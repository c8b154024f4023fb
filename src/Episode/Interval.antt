-- ===== src/Episode/Interval.antt =====
-- The tests on two keys are the set operations on the episodes that they contain.
use aninode.Prelude.{
  true, false, ◌≡◌, ◌↔◌, ℤ, pos, pos_part, neg_part, ◌≤ℤ◌, ◌<ℤ◌, ◌+ℤ◌, leb_ℤ, arith, int_laws,
  Bool-cases, eqb_ℤ_iff, text_eq_iff, inl, inr, leb_ℤ→lt, leb_ℤ→le, ap, sym, eq_of_iff,
  if◌then◌else◌,
}
use aninode.Episode.{Key, end_of, contains, same_slot, overlaps, covers, width}

-- The end of a key is not before its start.
pub start-le-end_of : (k : Key) → k.episode_start ≤ℤ end_of k
unfolding end_of
start-le-end_of k = ground arith

abbrev pub SameSlot : Key → Key → Type 0
SameSlot k o = (k.entry_key ≡ o.entry_key) × (k.season ≡ o.season) × (k.special ≡ o.special)

pub same_slot_iff : (k o : Key) → (same_slot k o ≡ true) ↔ SameSlot k o
unfolding same_slot
same_slot_iff k o = ground (arith, text_eq_iff k.entry_key o.entry_key, eqb_ℤ_iff k.season o.season)

pub contains_iff :
    (k : Key) (n : ℤ)
    → (contains k n ≡ true) ↔ (pos 0 <ℤ k.episode_start) × (k.episode_start ≤ℤ n) × (n ≤ℤ end_of k)
unfolding contains
contains_iff k n = ground arith

-- The tests of `Overlaps`, with the ends kept.
pub overlaps_orders :
    (k o : Key)
    → (overlaps k o ≡ true)
      ↔ SameSlot k o
        × (pos 0 <ℤ k.episode_start)
        × (pos 0 <ℤ o.episode_start)
        × (k.episode_start ≤ℤ end_of o)
        × (o.episode_start ≤ℤ end_of k)
unfolding overlaps
overlaps_orders k o = ground (arith, same_slot_iff k o)

-- The later of the two starts: the first episode that both can contain.
later_start : Key → Key → ℤ
later_start k o = if leb_ℤ k.episode_start o.episode_start then o.episode_start else k.episode_start

contains-later_start :
    (k o : Key)
    → overlaps k o ≡ true
    → (contains k (later_start k o) ≡ true) × (contains o (later_start k o) ≡ true)
unfolding contains later_start
contains-later_start k o h =
    ground (arith, overlaps_orders k o, start-le-end_of k, start-le-end_of o)

overlaps_of_shared :
    (k o : Key) (n : ℤ)
    → SameSlot k o
    → contains k n ≡ true
    → contains o n ≡ true
    → overlaps k o ≡ true
overlaps_of_shared k o n s hk ho = (overlaps_orders k o).1 (
  s,
  ((contains_iff k n).0 hk).0,
  ((contains_iff o n).0 ho).0,
  omega (arith, (contains_iff k n).0 hk, (contains_iff o n).0 ho),
  omega (arith, (contains_iff k n).0 hk, (contains_iff o n).0 ho),
)

-- Overlaps answers true exactly when the two keys agree on entry, season and kind and some episode
-- number is contained in both.
pub overlaps_iff :
    (k o : Key)
    → (overlaps k o ≡ true) ↔ (n : ℤ) × SameSlot k o × (contains k n ≡ true) × (contains o n ≡ true)
overlaps_iff k o = (
  λ h. (
    later_start k o,
    ((overlaps_orders k o).0 h).0,
    (contains-later_start k o h).0,
    (contains-later_start k o h).1,
  ),
  λ h. overlaps_of_shared k o h.0 h.1 h.2 h.3,
)

covers_orders :
    (k o : Key)
    → (covers k o ≡ true)
      ↔ SameSlot k o
        × (pos 0 <ℤ o.episode_start)
        × (pos 0 <ℤ k.episode_start)
        × (k.episode_start ≤ℤ o.episode_start)
        × (end_of o ≤ℤ end_of k)
unfolding covers contains
covers_orders k o = ground (arith, same_slot_iff k o, start-le-end_of o)

covers_of_subset :
    (k o : Key)
    → SameSlot k o
    → pos 0 <ℤ o.episode_start
    → ((n : ℤ) → contains o n ≡ true → contains k n ≡ true)
    → covers k o ≡ true
covers_of_subset k o s p f = (covers_orders k o).1 (s, p, first.0, first.1, last.2)
  where
    first :
        (pos 0 <ℤ k.episode_start)
        × (k.episode_start ≤ℤ o.episode_start)
        × (o.episode_start ≤ℤ end_of k)
    first =
        (contains_iff k o.episode_start).0 (
          f o.episode_start
            ((contains_iff o o.episode_start).1 (p, omega arith, start-le-end_of o)))

    last : (pos 0 <ℤ k.episode_start) × (k.episode_start ≤ℤ end_of o) × (end_of o ≤ℤ end_of k)
    last =
        (contains_iff k (end_of o)).0
          (f (end_of o) ((contains_iff o (end_of o)).1 (p, start-le-end_of o, omega arith)))

-- Covers answers true exactly when the keys agree on entry, season and kind, the other key starts at
-- a positive episode, and every episode of the other key is contained in this one.
pub covers_iff :
    (k o : Key)
    → (covers k o ≡ true)
      ↔ SameSlot k o
        × (pos 0 <ℤ o.episode_start)
        × ((n : ℤ) → contains o n ≡ true → contains k n ≡ true)
covers_iff k o = (
  λ h. (((covers_orders k o).0 h).0, ((covers_orders k o).0 h).1, inside h),
  λ h. covers_of_subset k o h.0 h.1 h.2,
)
  where
    inside : covers k o ≡ true → (n : ℤ) → contains o n ≡ true → contains k n ≡ true
    inside h n c =
        (contains_iff k n).1 (omega (arith, (covers_orders k o).0 h, (contains_iff o n).0 c))

width_pos : (k : Key) → pos 0 <ℤ k.episode_start → k.episode_start +ℤ width k ≡ end_of k +ℤ pos 1
unfolding width
width_pos k p =
    let big : leb_ℤ k.episode_start (pos 0) ≡ false = ground arith in rw big (omega int_laws)

width_nonpos : (k : Key) → k.episode_start ≤ℤ pos 0 → width k ≡ pos 0
unfolding width
width_nonpos k p = ground arith

-- A key contains an episode exactly when the episode lies within `Width` episodes from the start;
-- so a key that starts at no positive episode, whose width is zero, contains none.
pub contains-width_iff :
    (k : Key) (n : ℤ)
    → (contains k n ≡ true) ↔ (k.episode_start ≤ℤ n) × (n <ℤ k.episode_start +ℤ width k)
contains-width_iff k n = elim (Bool-cases (leb_ℤ k.episode_start (pos 0))) [
  | inl small ↦
      let low = leb_ℤ→le k.episode_start (pos 0) small in
      let above = ap pos_part (width_nonpos k low) in
      let below = ap neg_part (width_nonpos k low) in
      (λ h. absurd (let i = (contains_iff k n).0 h in omega arith), λ h. absurd (omega int_laws))
  | inr big ↦
      let low = leb_ℤ→lt k.episode_start (pos 0) big in
      let above = ap pos_part (width_pos k low) in
      let below = ap neg_part (width_pos k low) in
      (
        λ h. let i = (contains_iff k n).0 h in (i.1, omega int_laws),
        λ h. (contains_iff k n).1 (low, h.0, omega int_laws),
      )
]

-- Overlaps does not depend on the order of the keys.
pub overlaps_comm : (k o : Key) → overlaps k o ≡ overlaps o k
overlaps_comm k o = eq_of_iff (overlaps k o) (overlaps o k) (flip k o) (flip o k)
  where
    flip : (k o : Key) → overlaps k o ≡ true → overlaps o k ≡ true
    flip k o h =
        let (s, p, q, l, r) = (overlaps_orders k o).0 h in
        (overlaps_orders o k).1 ((sym s.0, sym s.1, sym s.2), q, p, r, l)

-- A key that ends before another starts does not overlap it.
pub ends_before-apart : (k o : Key) → end_of o <ℤ k.episode_start → overlaps k o ≡ false
ends_before-apart k o h = elim (Bool-cases (overlaps k o)) [
  | inl t ↦ absurd (let (s, p, q, l, r) = (overlaps_orders k o).0 t in omega arith)
  | inr f ↦ f
]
==============================
Go through the data and return every record exactly.

- Solution below -
repository c8b154024f4023fb
filename src/Episode/Interval.antt
-- ===== src/Episode/Interval.antt =====
-- The tests on two keys are the set operations on the episodes that they contain.
use aninode.Prelude.{
  true, false, ◌≡◌, ◌↔◌, ℤ, pos, pos_part, neg_part, ◌≤ℤ◌, ◌<ℤ◌, ◌+ℤ◌, leb_ℤ, arith, int_laws,
  Bool-cases, eqb_ℤ_iff, text_eq_iff, inl, inr, leb_ℤ→lt, leb_ℤ→le, ap, sym, eq_of_iff,
  if◌then◌else◌,
}
use aninode.Episode.{Key, end_of, contains, same_slot, overlaps, covers, width}

-- The end of a key is not before its start.
pub start-le-end_of : (k : Key) → k.episode_start ≤ℤ end_of k
unfolding end_of
start-le-end_of k = ground arith

abbrev pub SameSlot : Key → Key → Type 0
SameSlot k o = (k.entry_key ≡ o.entry_key) × (k.season ≡ o.season) × (k.special ≡ o.special)

pub same_slot_iff : (k o : Key) → (same_slot k o ≡ true) ↔ SameSlot k o
unfolding same_slot
same_slot_iff k o = ground (arith, text_eq_iff k.entry_key o.entry_key, eqb_ℤ_iff k.season o.season)

pub contains_iff :
    (k : Key) (n : ℤ)
    → (contains k n ≡ true) ↔ (pos 0 <ℤ k.episode_start) × (k.episode_start ≤ℤ n) × (n ≤ℤ end_of k)
unfolding contains
contains_iff k n = ground arith

-- The tests of `Overlaps`, with the ends kept.
pub overlaps_orders :
    (k o : Key)
    → (overlaps k o ≡ true)
      ↔ SameSlot k o
        × (pos 0 <ℤ k.episode_start)
        × (pos 0 <ℤ o.episode_start)
        × (k.episode_start ≤ℤ end_of o)
        × (o.episode_start ≤ℤ end_of k)
unfolding overlaps
overlaps_orders k o = ground (arith, same_slot_iff k o)

-- The later of the two starts: the first episode that both can contain.
later_start : Key → Key → ℤ
later_start k o = if leb_ℤ k.episode_start o.episode_start then o.episode_start else k.episode_start

contains-later_start :
    (k o : Key)
    → overlaps k o ≡ true
    → (contains k (later_start k o) ≡ true) × (contains o (later_start k o) ≡ true)
unfolding contains later_start
contains-later_start k o h =
    ground (arith, overlaps_orders k o, start-le-end_of k, start-le-end_of o)

overlaps_of_shared :
    (k o : Key) (n : ℤ)
    → SameSlot k o
    → contains k n ≡ true
    → contains o n ≡ true
    → overlaps k o ≡ true
overlaps_of_shared k o n s hk ho = (overlaps_orders k o).1 (
  s,
  ((contains_iff k n).0 hk).0,
  ((contains_iff o n).0 ho).0,
  omega (arith, (contains_iff k n).0 hk, (contains_iff o n).0 ho),
  omega (arith, (contains_iff k n).0 hk, (contains_iff o n).0 ho),
)

-- Overlaps answers true exactly when the two keys agree on entry, season and kind and some episode
-- number is contained in both.
pub overlaps_iff :
    (k o : Key)
    → (overlaps k o ≡ true) ↔ (n : ℤ) × SameSlot k o × (contains k n ≡ true) × (contains o n ≡ true)
overlaps_iff k o = (
  λ h. (
    later_start k o,
    ((overlaps_orders k o).0 h).0,
    (contains-later_start k o h).0,
    (contains-later_start k o h).1,
  ),
  λ h. overlaps_of_shared k o h.0 h.1 h.2 h.3,
)

covers_orders :
    (k o : Key)
    → (covers k o ≡ true)
      ↔ SameSlot k o
        × (pos 0 <ℤ o.episode_start)
        × (pos 0 <ℤ k.episode_start)
        × (k.episode_start ≤ℤ o.episode_start)
        × (end_of o ≤ℤ end_of k)
unfolding covers contains
covers_orders k o = ground (arith, same_slot_iff k o, start-le-end_of o)

covers_of_subset :
    (k o : Key)
    → SameSlot k o
    → pos 0 <ℤ o.episode_start
    → ((n : ℤ) → contains o n ≡ true → contains k n ≡ true)
    → covers k o ≡ true
covers_of_subset k o s p f = (covers_orders k o).1 (s, p, first.0, first.1, last.2)
  where
    first :
        (pos 0 <ℤ k.episode_start)
        × (k.episode_start ≤ℤ o.episode_start)
        × (o.episode_start ≤ℤ end_of k)
    first =
        (contains_iff k o.episode_start).0 (
          f o.episode_start
            ((contains_iff o o.episode_start).1 (p, omega arith, start-le-end_of o)))

    last : (pos 0 <ℤ k.episode_start) × (k.episode_start ≤ℤ end_of o) × (end_of o ≤ℤ end_of k)
    last =
        (contains_iff k (end_of o)).0
          (f (end_of o) ((contains_iff o (end_of o)).1 (p, start-le-end_of o, omega arith)))

-- Covers answers true exactly when the keys agree on entry, season and kind, the other key starts at
-- a positive episode, and every episode of the other key is contained in this one.
pub covers_iff :
    (k o : Key)
    → (covers k o ≡ true)
      ↔ SameSlot k o
        × (pos 0 <ℤ o.episode_start)
        × ((n : ℤ) → contains o n ≡ true → contains k n ≡ true)
covers_iff k o = (
  λ h. (((covers_orders k o).0 h).0, ((covers_orders k o).0 h).1, inside h),
  λ h. covers_of_subset k o h.0 h.1 h.2,
)
  where
    inside : covers k o ≡ true → (n : ℤ) → contains o n ≡ true → contains k n ≡ true
    inside h n c =
        (contains_iff k n).1 (omega (arith, (covers_orders k o).0 h, (contains_iff o n).0 c))

width_pos : (k : Key) → pos 0 <ℤ k.episode_start → k.episode_start +ℤ width k ≡ end_of k +ℤ pos 1
unfolding width
width_pos k p =
    let big : leb_ℤ k.episode_start (pos 0) ≡ false = ground arith in rw big (omega int_laws)

width_nonpos : (k : Key) → k.episode_start ≤ℤ pos 0 → width k ≡ pos 0
unfolding width
width_nonpos k p = ground arith

-- A key contains an episode exactly when the episode lies within `Width` episodes from the start;
-- so a key that starts at no positive episode, whose width is zero, contains none.
pub contains-width_iff :
    (k : Key) (n : ℤ)
    → (contains k n ≡ true) ↔ (k.episode_start ≤ℤ n) × (n <ℤ k.episode_start +ℤ width k)
contains-width_iff k n = elim (Bool-cases (leb_ℤ k.episode_start (pos 0))) [
  | inl small ↦
      let low = leb_ℤ→le k.episode_start (pos 0) small in
      let above = ap pos_part (width_nonpos k low) in
      let below = ap neg_part (width_nonpos k low) in
      (λ h. absurd (let i = (contains_iff k n).0 h in omega arith), λ h. absurd (omega int_laws))
  | inr big ↦
      let low = leb_ℤ→lt k.episode_start (pos 0) big in
      let above = ap pos_part (width_pos k low) in
      let below = ap neg_part (width_pos k low) in
      (
        λ h. let i = (contains_iff k n).0 h in (i.1, omega int_laws),
        λ h. (contains_iff k n).1 (low, h.0, omega int_laws),
      )
]

-- Overlaps does not depend on the order of the keys.
pub overlaps_comm : (k o : Key) → overlaps k o ≡ overlaps o k
overlaps_comm k o = eq_of_iff (overlaps k o) (overlaps o k) (flip k o) (flip o k)
  where
    flip : (k o : Key) → overlaps k o ≡ true → overlaps o k ≡ true
    flip k o h =
        let (s, p, q, l, r) = (overlaps_orders k o).0 h in
        (overlaps_orders o k).1 ((sym s.0, sym s.1, sym s.2), q, p, r, l)

-- A key that ends before another starts does not overlap it.
pub ends_before-apart : (k o : Key) → end_of o <ℤ k.episode_start → overlaps k o ≡ false
ends_before-apart k o h = elim (Bool-cases (overlaps k o)) [
  | inl t ↦ absurd (let (s, p, q, l, r) = (overlaps_orders k o).0 t in omega arith)
  | inr f ↦ f
]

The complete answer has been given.